Method for enhancing oxidation resistance of copper as material

Technical Field

The invention belongs to the technical field of improving the oxidation resistance of transition metal, and particularly relates to a method for improving the oxidation resistance of bulk material copper.

Background

In daily production and life, the noble metals Au, Ag and Cu are used everywhere. Cu is one of the earliest metals found by humans and is also the first metal for human production. Cu has good thermal conductivity, electrical conductivity, ductility and overall non-toxicity, compared with noble metal silver, the electrical conductivity of copper is slightly smaller (94%), but the storage capacity in earth crust is more than 1000 times of silver, so that the Cu can be an effective substitute of Ag and can effectively reduce the cost for manufacturing devices.

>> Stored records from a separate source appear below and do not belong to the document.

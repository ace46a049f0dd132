-- ===== src/H2/Reader/Tests.antt =====
-- Two bytes of a frame are unread, and the others arrive in three pieces, with a byte of the next.
use qhttp.Base.{◌≡◌, refl, List, [], ◌∷◌, ◌++◌, ok, arith}
use qhttp.Buffer.{Buffer}
use qhttp.Buffer.Contents.{IsValid, capacity}
use qhttp.H2.Crates.{FrameType}
use qhttp.H2.Crates.Examples.{crates}
use qhttp.H2.Frame.{Frame}
use qhttp.H2.Frame.Wire.{frame_bytes}
use qhttp.H2.Reader.{Arrival, bytes, Connected, read_next_frame}
use qhttp.H2.Reader.Fill.{ahead}
use qhttp.H2.Reader.Fragments.{read_next_frame-frame_bytes}

-- DATA of stream 1 with two bytes, which ends the stream.
abbrev last_data : Frame
last_data = record {
  header = record { type = FrameType.data_frame; flags = 1; stream = 1 };
  payload = 7 ∷ 8 ∷ [];
}

abbrev two_unread : Buffer
two_unread = record {
  inner = 0 ∷ 0 ∷ 0 ∷ 0 ∷ 0 ∷ 0 ∷ 0 ∷ 0 ∷ 0 ∷ 0 ∷ [];
  write_pointer = 3;
  read_pointer = 1;
}

two_unread-IsValid : IsValid two_unread
two_unread-IsValid = record { ordered = omega arith; in_range = omega arith; small = omega arith }

abbrev pieces : List Arrival
pieces = bytes (2 ∷ 0 ∷ 1 ∷ []) ∷ bytes (0 ∷ 0 ∷ 0 ∷ 1 ∷ 7 ∷ []) ∷ bytes (8 ∷ 9 ∷ []) ∷ []

last_data-ahead :
    ahead (record { buffer = two_unread; arrivals = pieces }) ≡ frame_bytes last_data ++ 9 ∷ []
unfolding frame_bytes
last_data-ahead = refl

read_next_frame_example :
    (c' : Connected) × (read_next_frame crates (record { buffer = two_unread; arrivals = pieces })
      ≡ ok (last_data, c'))
    × IsValid c'.buffer
    × (ahead c' ≡ 9 ∷ [])
    × (capacity c'.buffer ≡ 10)
read_next_frame_example =
    read_next_frame-frame_bytes crates two_unread pieces last_data (9 ∷ []) two_unread-IsValid
      (omega arith, (omega arith, (omega arith, tt))) last_data-ahead (omega arith) (omega arith)
      (omega arith) (omega arith) refl refl (λ e. cc) (omega arith)
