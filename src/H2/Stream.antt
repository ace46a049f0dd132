-- ===== src/H2/Stream.antt =====
-- The task of a stream: `StreamState` and `Stream` of src/http2/stream.rs. The channels that tokio
-- provides are part of the state: the messages sent on them, in their order, and whether their
-- receiver is there. The channel that the task itself reads never ends, since the task keeps a
-- sender of it.
pub mod Body
pub mod Windows
pub mod Termination
mod Tests
use qhttp.Base.{
  ℕ, ◌^◌, Bool, true, false, List, [], ◌∷◌, ◌++◌, Option, none, some, Result, ok, err, panic,
  length, refuse_if, or_err, if◌then◌else◌, ◌>>=◌, ◌>>◌,
}
use qhttp.Base.Int.{ℤ, pos, ltb_ℤ, leb_ℤ, checked_add, checked_sub}
use qhttp.H2.Error.{ErrorCode, H2Error, H2Result}
use qhttp.H2.Crates.{FrameType}
use qhttp.H2.Settings.{to_i32}
use qhttp.H2.Frame.Wire.{protocol_error, internal_error}
use qhttp.H2.Connection.{StreamReq, available_window, window_update, request_body, reset}
use qhttp.H2.Connection.Requests.{
  ConnectionReq, put_window, update_peer_window, stream_closing, stream_closed,
}

pub data StreamState : Type 0 where
  idle reserved_local reserved_remote open_state half_closed_local : StreamState
  half_closed_remote closed : StreamState

abbrev forbidden : H2Result (Unit {0})
forbidden = err protocol_error

abbrev closed_error : H2Result (Unit {0})
closed_error = err (H2Error.stream ErrorCode.stream_closed)

abbrev reset_or_update : FrameType → H2Result (Unit {0}) → H2Result (Unit {0})
reset_or_update FrameType.rst_stream e = ok tt
reset_or_update FrameType.priority e = ok tt
reset_or_update FrameType.window_update e = ok tt
reset_or_update _ e = e

-- `StreamState::is_frame_forbidden`
unfoldable pub is_frame_forbidden : StreamState → FrameType → H2Result (Unit {0})
is_frame_forbidden idle FrameType.headers = ok tt
is_frame_forbidden idle FrameType.priority = ok tt
is_frame_forbidden idle _ = forbidden
is_frame_forbidden reserved_local type = reset_or_update type forbidden
is_frame_forbidden reserved_remote FrameType.headers = ok tt
is_frame_forbidden reserved_remote FrameType.rst_stream = ok tt
is_frame_forbidden reserved_remote FrameType.priority = ok tt
is_frame_forbidden reserved_remote _ = forbidden
is_frame_forbidden open_state type = ok tt
is_frame_forbidden half_closed_local type = ok tt
is_frame_forbidden half_closed_remote type = reset_or_update type closed_error
is_frame_forbidden closed type = reset_or_update type closed_error

-- `background_tx`: the parts of the request's body that went to `BackgroundRead`, and whether it is
-- still there.
pub record Background : Type 0 where
  pub listening : Bool
  pub parts : List (List ℕ)

-- `sent` and `connected` are the channel `conn_tx`. The field `state` is never read.
pub record Stream : Type 0 where
  pub id : ℕ
  pub available : ℤ
  pub window : ℤ
  pub peer_window : ℤ
  pub background : Option Background
  pub has_window_rx : Bool
  pub connected : Bool
  pub sent : List ConnectionReq

-- `Stream::new`
unfoldable pub new : ℕ → ℤ → ℤ → Stream
new id window peer_window = record {
  id = id;
  available = pos 0;
  window = window;
  peer_window = peer_window;
  background = none;
  has_window_rx = false;
  connected = true;
  sent = [];
}

-- An error, and the stream when it arose.
pub record Failed : Type 0 where
  pub error : H2Error
  pub stream : Stream

abbrev pub StreamResult : Type 0 → Type 0
StreamResult A = Result Failed A

abbrev pub fail : {A : Type 0} → Stream → H2Error → StreamResult A
fail s e = err (record { error = e; stream = s })

-- `result?` in a method of the stream.
abbrev pub at : {A : Type 0} → Stream → H2Result A → StreamResult A
at s (ok a) = ok a
at s (err e) = fail s e
at s panic = panic

-- `conn_tx.send(req)`, with the error that a closed channel leads to.
unfoldable pub tell : Stream → ConnectionReq → StreamResult Stream
tell s req =
    if s.connected then ok (record s { sent = s.sent ++ (req ∷ []) }) else fail s internal_error

-- `background_tx.send(data)`
abbrev pub pass_on : Background → List ℕ → Background
pass_on b content = record b { parts = b.parts ++ (content ∷ []) }

-- `StreamReq::RequestBody`, from the length of the data on.
unfoldable pub take_body : Stream → Background → List ℕ → StreamResult Stream
take_body s background content = do
  amount ← at s (to_i32 (length content) protocol_error)
  at s (
      refuse_if (ltb_ℤ s.peer_window (pos amount))
        (H2Error.connection ErrorCode.flow_control_error))
  if background.listening
      then (let s' : Stream = record s { background = some (pass_on background content) } in
          at s' (or_err (checked_sub s.peer_window (pos amount)) protocol_error) >>= λ window.
          ok (record s' { peer_window = window }))
      else tell s (update_peer_window s.id (pos amount))

unfoldable pub handle_req : Stream → StreamReq → StreamResult Stream
handle_req s (request_body frame) = do
  background ← at s (or_err s.background protocol_error)
  take_body s background frame.content
handle_req s (available_window amount) =
    at s (or_err (checked_add s.available amount) protocol_error) >>= λ total.
    ok (record s { available = total })
handle_req s (window_update amount) =
    at s (or_err (checked_add s.window amount) protocol_error) >>= λ total.
    ok (record s { window = total })
handle_req s reset = fail s (H2Error.stream ErrorCode.no_error)

-- What `main_select` finds ready: a message of the connection, or what the reader of the request's
-- body hands back; `read` with nothing is the end of that channel.
pub data Input : Type 0 where
  req : StreamReq → Input
  read : Option ℤ → Input

-- `main_select`. Without `window_rx` only messages are waited for.
unfoldable pub main_select : Stream → Input → StreamResult Stream
main_select s (req r) = handle_req s r
main_select s (read amount) = if s.has_window_rx then hand_back amount else ok s
  where
    hand_back : Option ℤ → StreamResult Stream
    hand_back none = ok (record s { has_window_rx = false })
    hand_back (some amount) = do
      window ← at s (or_err (checked_add s.peer_window amount) internal_error)
      tell (record s { peer_window = window }) (update_peer_window s.id amount)

-- The end of `run_inner`, where `main` has ended with `error`: what is told to the connection. A
-- message that the connection does not take ends the task.
unfoldable pub finish : Stream → Option H2Error → Stream
finish s error =
    if s.connected
    then record s {
      available = if ltb_ℤ (pos 0) s.available then pos 0 else s.available;
      sent = s.sent ++ (given_back ++ stream_closing s.id error ∷ stream_closed s.id ∷ []);
    }
    else record s { available = if ltb_ℤ (pos 0) s.available then pos 0 else s.available }
  where
    given_back : List ConnectionReq
    given_back = if ltb_ℤ (pos 0) s.available then put_window s.available ∷ [] else []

However, Cu is easily oxidized, so how to improve the oxidation resistance of Cu becomes an important issue of concern. Various surface modifications have been attempted to slow down oxidative processes such as alloying and electroplating by preventing the Cu atoms from coming into direct contact with air, but these tend to degrade some physical properties (e.g., thermal and electrical conductivity and color) and introduce deleterious elements such as chromium and nickel. Although efforts have been made to develop surface passivation techniques that utilize organic molecules, inorganic materials, or carbon-based materials as oxidation inhibitors, there have been limited success.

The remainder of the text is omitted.